By Meg O’Neil
The Newport School Committee tackled a loaded agenda during their regular monthly meeting on Tuesday, May 8 at the Newport Area Career and Technical Center, approving recommendations for the new Claiborne deB. Pell Elementary School, the Rogers High School Goes Green Project, and naming the RHS athletic field in honor of a former coach.
Following the recommendation of the Pell Building Committee, the school committee voted unanimously to approve adding an all brick exterior to the new elementary school, an add-alternate cost of $95,000.
Previously, the plans involved using brick on the front exterior of the school and less-expensive concrete masonry unit blocks around the side and back walls of the building.
Agreeing with the construction manager Bacon/Agostini and project manager Farrar & Associates, Supt. John H. Ambrogi said that using brick is “tried and true construction,” compared to CMUs.
The committee also voted to approve the allocation of $10,000 from reserve funds to the Rogers High School Goes Green rain garden project. Presented last month by science teacher Scott Dickison, the project’s goal is to reduce the amount of polluted runoff water draining into Lily Pond by creating several rain gardens on the RHS campus.
Committee Chair Patrick K. Kelley said the funds would cover the cost of backhoe excavation and gardening materials. Several members of the public offered to donate to the project, which Ambrogi called a “great community activity.”
In addition, the committee mentioned their talks with the city’s director of public services, Bill Riccio, who offered assistance in the removal of three areas of macadam on Rogers’ school grounds near the auditorium, the front office, and inner courtyard area near the library. According to Ambrogi, once eliminated, the areas could be planned for multi-year projects for Dickison and the green team students.
In other business, the committee unanimously voted to name the Rogers High School track and athletic field for former longtime coach, Charlie Gibbons.
The usual procedure for field-naming is for the school committee to form a subcommittee which would suggest a list of possible name choices. The choices would then be given back to school committee for a final vote. But in this case, the NSC decided to temporarily suspend the rules. Kelley said the Rogers boosters suggested that the honor go to Gibbons to coincide with the coach’s induction to the school’s Athletic Hall of Fame. According to Kelley, the boosters acted as a subcommittee in this case.
A 1952 graduate of RHS, Gibbons returned to teach and coach until his retirement in 1990. He led the boys indoor and outdoor track teams to more than 20 championships, including a New England Championship, five indoor state championships and four outdoor state championships. According to the boosters, no other coach, has led the school’s track and field team to another state championship.
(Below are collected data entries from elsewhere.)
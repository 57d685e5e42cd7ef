-- ===== src/Api/Delete.antt =====
-- main.py: `delete_document` and `get_document`.
pub mod Soundness
use evidencedesk.Prelude.{
  ℕ, ◌≡◌, Bool, true, false, Option, none, some, List, [], ◌∷◌, ◌++◌, ◌==◌, if◌then◌else◌, is_some,
}
use evidencedesk.Auth.{UserPrincipal}
use evidencedesk.Storage.{delete}
use evidencedesk.Db.{
  Document, DocumentStatus, ProcessingTask, TaskStatus, ErrorCode, Desk, AuditAction, AuditResult,
  Metadata,
}
use evidencedesk.Db.Rows.{
  find_document, find_task_of, save_document, save_task, delete_chunks, delete_extractions,
  add_audit,
}
use evidencedesk.Api.Responses.{Detail, Response, reply, refused, crashed}

abbrev pub is_settled : TaskStatus → Bool
is_settled TaskStatus.completed = true
is_settled TaskStatus.failed = true
is_settled _ = false

-- The task that a deletion leaves: one that was still to be worked on fails.
abbrev pub stopped_task : ℕ → ProcessingTask → ProcessingTask
stopped_task now t = if is_settled t.status then t else record t {
  status = TaskStatus.failed;
  error_code = some ErrorCode.document_deleted;
  completed_at = some now;
}

abbrev pub stop_task : ℕ → Option ProcessingTask → List ProcessingTask → List ProcessingTask
stop_task now none tasks = tasks
stop_task now (some t) tasks = save_task (stopped_task now t) tasks

abbrev pub deleted_document : ℕ → Document → Document
deleted_document now d = record d { status = DocumentStatus.deleted; deleted_at = some now }

module _ (document_id : ℕ) (principal : UserPrincipal) (correlation_id now : ℕ)
    (disk_ok : Bool) where
  abbrev pub removed : Document → Desk → Desk
  removed d desk =
      add_audit
        (record {
          actor_id = some principal.id;
          action = AuditAction.document_delete;
          document_id = some document_id;
          result = AuditResult.success;
          correlation_id = correlation_id;
          metadata_safe = Metadata.nothing;
        })
        (record desk {
          documents = save_document (deleted_document now d) desk.documents;
          tasks = stop_task now (find_task_of document_id desk.tasks) desk.tasks;
          chunks = delete_chunks document_id desk.chunks;
          extractions = delete_extractions document_id desk.extractions;
          files = delete d.storage_key desk.files;
        })

  abbrev delete_found : Desk → Option Document → Response (Unit {0}) × Desk
  delete_found desk none = (refused 404 Detail.document_not_found, desk)
  delete_found desk (some d) =
      if is_some d.deleted_at
      then (refused 404 Detail.document_not_found, desk)
      else if disk_ok
      then (reply 204 tt, removed d desk)
      else (crashed, desk)

  -- `delete_document`. Without `disk_ok` an `OSError` of the file leaves it, and nothing is committed.
  unfoldable pub delete_document : Desk → Response (Unit {0}) × Desk
  delete_document desk = delete_found desk (find_document document_id desk.documents)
Committee member Robert J. Leary, who was coached by Gibbons, called the field-naming, “a great honor.”
The remainder of the meeting was spent on discussion items:
- Mathematics Review Team Update: Calling the district’s math scores “abysmal,” Ambrogi presented upcoming changes for math programs at all educational levels. Next year, the goal is to extend time-on-task per day on mathematics from 60 to 90 minutes at the elementary level, a 50 percent increase of instructional time. According to Ambrogi, it would not be 90 straight minutes of math, but rather broken up over the course of the school day.
- Truancy Intervention Update: According to the most recent statistics, 424 (20.6 percent) of the district’s 2054 students are considered chronically absent, having missed 15 or more days of school. This school year, Attendance Officer Eddie Merritt received 80 student referrals for truancy court. This spring, an additional 38 petitions were filed. The majority of the cases will not be heard until September, as the court system is to be shut down on May 21 due to being overloaded. Director of Student Services Amy Donnelly Roche said next year will be spent monitoring absences to pre-empt students from reaching the 15-day mark.
- Pell School Update: According to Ambrogi, the furniture and technology budgets are substantially lower than initial cost estimates, but still approximately $200,000 more than is in the current construction budget. Work is also being done on several items on the kitchen’s design, including examining the size of the walk-in freezers, and maneuverability of kitchen workspaces.